I don't see your "reversed order" argument though... If you trace the ray in the opposite direction, it already changes sign and effectively traces the rays in the same sort of order you'd want. This seems to boil down to whether you think the occluder is close to tmin or tmax (so in this case near the light or near the surface instead of the other way around).
p.s. Can we think of other cases with tmax = positive-infinity where you want "any hit"? Direct lighting from an environment map sampling came to mind for me (which sounds less goofy than "you should care about this for the all important directional lights"). It's an interesting claim that one of us should test out (might suggest doing Smits style traversal for all shadow rays that you know have tmax = positive-infinity).
____
That's where I left our email exchange. I believe Solomon sums it up nicely, it's really a matter of whether you think the occluder is closer to the hit point or the light. I suspect for a typical scene the answer is indeed "it's closer to the hit point" in most scenes, as people tend to place lights "out there" and not inside complex geometric enclosures.
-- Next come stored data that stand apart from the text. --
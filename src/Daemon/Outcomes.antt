-- ===== src/Daemon/Outcomes.antt =====
-- A job that has ended Stays as it is, whatever happens later, until a purge.
use paavo.Prelude.{
  ℕ, ◌≤◌, ◌==◌, ltb, ◌≡◌, refl, sym, subst, Bool, true, false, ◌&&◌, String, Option, none, some,
  List, [], ◌∷◌, Memᴰ, arith, All, Bool-cases, inl, inr, count_where, mem-update_where_kept,
  mem-append_left,
}
use paavo.Proto.Job.{
  JobId, JobState, submitted, building, awaiting_board, running, is_terminal, state_eq,
}
use paavo.Proto.Board.{BoardSpec}
use paavo.Db.Store.{Database, JobRow, Result, ok, err, panicked}
use paavo.Db.Board.{has_board_id}
use paavo.Db.Job.{has_id, in_state}
use paavo.Db.Job.Moves.{
  NewJob, OutcomeRecord, new_row, insert, is_at, move, move_onto, can_finalize, finalized, is_open,
  finalize, transition_submitted_to_building, transition_building_to_awaiting_board,
  transition_awaiting_to_running,
}
use paavo.Db.Job.Stable.{IsStable}
use paavo.Core.Scheduler.{ScheduledJob}
use paavo.Daemon.State.{Config, Daemon}
use paavo.Daemon.Dispatch.{
  Claim, run_claim, build_claim, choose_build, build_choice, run_claimed, build_claimed, claim,
  claim_if,
}
use paavo.Daemon.Steps.{
  System, Step, happens, picks_run, picks_build, claims, restarts, pick_run, pick_build, step, run,
  restart,
}
use paavo.Daemon.Keeps.{restart-jobs, booted-db}
use paavo.Db.Job.Spared.{abort_interrupted_jobs-mem}
use paavo.Daemon.Steps.{booted}
use paavo.Daemon.History.{if_up}
use paavo.Daemon.Claims.{IsSafe, touch_last_used-jobs}
use paavo.Daemon.History.{is_purge, handle_stable, step-IsSafe}

module _ (row : JobRow) (over : is_terminal row.state ≡ true) where
  -- In none of the four states that statements move jobs out of.
  settled :
      (is_open row.state ≡ false)
      × (in_state submitted row ≡ false)
      × (in_state building row ≡ false)
      × (in_state awaiting_board row ≡ false)
      × (in_state running row ≡ false)
  unfolding is_terminal
  settled = of_state row.state over
    where
      of_state :
          (s : JobState)
          → is_terminal s ≡ true
          → (is_open s ≡ false)
            × (state_eq s submitted ≡ false)
            × (state_eq s building ≡ false)
            × (state_eq s awaiting_board ≡ false)
            × (state_eq s running ≡ false)
      of_state s h = ground arith

  move-mem :
      (id : JobId) (from : JobState) (expected : String) (set : JobRow → JobRow) (db : Database)
      → in_state from row ≡ false
      → Memᴰ row db.jobs
      → Memᴰ row (move id from expected set db).0.jobs
  unfolding move
  move-mem id from expected set db out m =
      elim (Bool-cases (count_where (is_at id from) db.jobs == 0)) [
        | inl missing ↦ rw missing m
        | inr present ↦
            rw present (mem-update_where_kept (is_at id from) set db.jobs m (ground (arith, out)))
      ]

  transition_awaiting_to_running-mem :
      (id : JobId) (board_id : String) (db : Database)
      → Memᴰ row db.jobs
      → Memᴰ row (transition_awaiting_to_running id board_id db).0.jobs
  unfolding transition_awaiting_to_running move_onto
  transition_awaiting_to_running-mem id board_id db m =
      elim (Bool-cases (
        ltb 0 (count_where (is_at id awaiting_board) db.jobs)
        && count_where (has_board_id board_id) db.boards == 0)) [
          | inl no_board ↦ rw no_board m
          | inr present ↦ rw present (move-mem id awaiting_board _ _ db settled.3 m)
        ]

  finalize-mem :
      (id : JobId) (rec : OutcomeRecord) (db : Database)
      → Memᴰ row db.jobs
      → Memᴰ row (finalize id rec db).0.jobs
  unfolding finalize
  finalize-mem id rec db m = elim (Bool-cases (is_terminal rec.state)) [
    | inr going ↦ rw going m
    | inl terminal ↦ rw terminal (elim (Bool-cases (count_where (can_finalize id) db.jobs == 0)) [
      | inl missing ↦ rw missing m
      | inr present ↦ rw present (
          mem-update_where_kept (can_finalize id) (finalized rec) db.jobs m
            (ground (arith, settled.0)))
    ])
  ]

  insert-mem :
      (j : NewJob) (now_ms : ℕ) (db : Database)
      → Memᴰ row db.jobs
      → Memᴰ row (insert j now_ms db).0.jobs
  unfolding insert
  insert-mem j now_ms db m = elim (Bool-cases (ltb 0 (count_where (has_id j.id) db.jobs))) [
    | inl taken ↦ rw taken m
    | inr free ↦ rw free (mem-append_left db.jobs (new_row j now_ms ∷ []) m)
  ]

  mem-IsStable : IsStable (Memᴰ row)
  unfolding transition_building_to_awaiting_board
  mem-IsStable = record {
    after_insert = insert-mem;
    after_advance = λ id elf_path db m. move-mem id building _ _ db settled.2 m;
    after_finalize = λ id rec db agrees m. finalize-mem id rec db m;
  }

  run_claimed-mem :
      (s : ScheduledJob) (now_ms : ℕ) (d : Daemon) (r : Database × Result (Unit {0}))
      → Memᴰ row r.0.jobs
      → Memᴰ row (run_claimed s now_ms d r).0.db.jobs
  run_claimed-mem s now_ms d (db, ok u) m =
      subst (Memᴰ row) (sym (touch_last_used-jobs s.board.spec.id now_ms db)) m
  run_claimed-mem s now_ms d (db, err e) m = m
  run_claimed-mem s now_ms d (db, panicked why) m = m

  build_claimed-mem :
      (j : JobRow) (slot : ℕ) (d : Daemon) (r : Database × Result (Unit {0}))
      → Memᴰ row r.0.jobs
      → Memᴰ row (build_claimed j slot d r).0.db.jobs
  build_claimed-mem j slot d (db, ok u) m = m
  build_claimed-mem j slot d (db, err e) m = m
  build_claimed-mem j slot d (db, panicked why) m = m

  claim_if-mem :
      (c : Option Claim) (d : Daemon) → Memᴰ row d.db.jobs → Memᴰ row (claim_if c d).0.db.jobs
  unfolding claim transition_submitted_to_building
  claim_if-mem none d m = m
  claim_if-mem (some (run_claim s now_ms)) d m =
      run_claimed-mem s now_ms d _
        (transition_awaiting_to_running-mem s.job.id s.board.spec.id d.db m)
  claim_if-mem (some (build_claim j slot now_ms)) d m =
      build_claimed-mem j slot d _ (move-mem j.id submitted _ _ d.db settled.1 m)

  restart-mem :
      (cfg : Config) (seeds : List BoardSpec) (now_ms : ℕ) (db : Database)
      → ((id : JobId) → count_where (has_id id) db.jobs ≤ 1)
      → Memᴰ row db.jobs
      → Memᴰ row (booted cfg (restart seeds now_ms db)).daemon.db.jobs
  restart-mem cfg seeds now_ms db unique m =
      subst (λ (s : Database). Memᴰ row s.jobs) (sym (booted-db cfg (restart seeds now_ms db)))
        (subst (Memᴰ row) (sym (restart-jobs seeds now_ms db))
          (abort_interrupted_jobs-mem row now_ms db unique (rw (settled.2, settled.4) refl) m))

  choose_build-mem :
      (now_ms : ℕ) (d : Daemon) (slots : List ℕ) (r : Result (Option JobRow))
      → Memᴰ row d.db.jobs
      → Memᴰ row (build_choice now_ms d slots r).0.db.jobs
  choose_build-mem now_ms d slots (ok none) m = m
  choose_build-mem now_ms d [] (ok (some j)) m = m
  choose_build-mem now_ms d (slot ∷ rest) (ok (some j)) m = m
  choose_build-mem now_ms d slots (err e) m = m
  choose_build-mem now_ms d slots (panicked why) m = m

  pick_run-mem :
      (cfg : Config) (now_ms : ℕ) (c : Option Claim) (d : Daemon)
      → Memᴰ row d.db.jobs
      → Memᴰ row (pick_run cfg now_ms c d).daemon.db.jobs
  pick_run-mem cfg now_ms none d m = m
  pick_run-mem cfg now_ms (some c) d m = m

  pick_build-mem :
      (cfg : Config) (now_ms : ℕ) (c : Option Claim) (d : Daemon)
      → Memᴰ row d.db.jobs
      → Memᴰ row (pick_build cfg now_ms c d).daemon.db.jobs
  unfolding choose_build
  pick_build-mem cfg now_ms none d m = choose_build-mem now_ms d d.free_slots _ m
  pick_build-mem cfg now_ms (some c) d m = m

abbrev pub is_purge_step : Step → Bool
is_purge_step (happens e) = is_purge e
is_purge_step _ = false

abbrev Holds : JobRow → System → Type 0
Holds row s = Memᴰ row s.daemon.db.jobs

step-mem :
    (cfg : Config) (e : Step) (s : System) (row : JobRow)
    → is_terminal row.state ≡ true
    → IsSafe s.picked s.daemon.db.jobs
    → is_purge_step e ≡ false
    → Memᴰ row s.daemon.db.jobs
    → Memᴰ row (step cfg e s).daemon.db.jobs
unfolding step
step-mem cfg (happens e) s row over v keeps m =
    if_up (Holds row) s.up _ s
      (handle_stable (Memᴰ row) (mem-IsStable row over) cfg e s.daemon
        (λ purged. cc (keeps, purged)) m)
      m
step-mem cfg (picks_run now_ms) s row over v keeps m =
    if_up (Holds row) s.up _ s (pick_run-mem row over cfg now_ms s.picked s.daemon m) m
step-mem cfg (picks_build now_ms) s row over v keeps m =
    if_up (Holds row) s.up _ s (pick_build-mem row over cfg now_ms s.picked s.daemon m) m
step-mem cfg claims s row over v keeps m =
    if_up (Holds row) s.up _ s (claim_if-mem row over s.picked s.daemon m) m
step-mem cfg (restarts seeds now_ms) s row over v keeps m =
    restart-mem row over cfg seeds now_ms s.daemon.db v.0.unique m

-- From a state whose job table is valid and whose pick may still be claimed, a job that has ended
-- Stays in the table with its outcome and every other column as they are, through all further
-- requests, picks, claims, builds, runs and restarts, as long as none of them is a purge.
pub run-mem :
    (cfg : Config) (steps : List Step) (s : System) (row : JobRow)
    → is_terminal row.state ≡ true
    → IsSafe s.picked s.daemon.db.jobs
    → All (λ e. is_purge_step e ≡ false) steps
    → Memᴰ row s.daemon.db.jobs
    → Memᴰ row (run cfg steps s).daemon.db.jobs
unfolding run
run-mem cfg [] s row over v keeps m = m
run-mem cfg (e ∷ steps) s row over v keeps m =
    run-mem cfg steps (step cfg e s) row over (step-IsSafe cfg e s v) keeps.1
      (step-mem cfg e s row over v keeps.0 m)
Thinking about it today, I believe this area deserves further study and testing. Solomon notes that when a ray hits a box, there's a logic error of thinking of the ray's interval is entering and exiting the box. There are four states for ray/box: ray entering (but not leaving) the box, ray exiting, ray fully enclosed, and ray entering and exiting (call it "piercing"). For fully enclosed and piercing, the order of testing the children for shadow rays shouldn't matter, at least in theory (it might matter due to the nature of the scene itself). For rays that enter a box, it's certainly true that testing the nearer child box will be more efficient: either the ray hits something, which is more likely to be in the closer box, or is unoccluded, in which case order doesn't matter. Conversely, if a ray starts inside a box and is exiting it, the "far" box should be tested first.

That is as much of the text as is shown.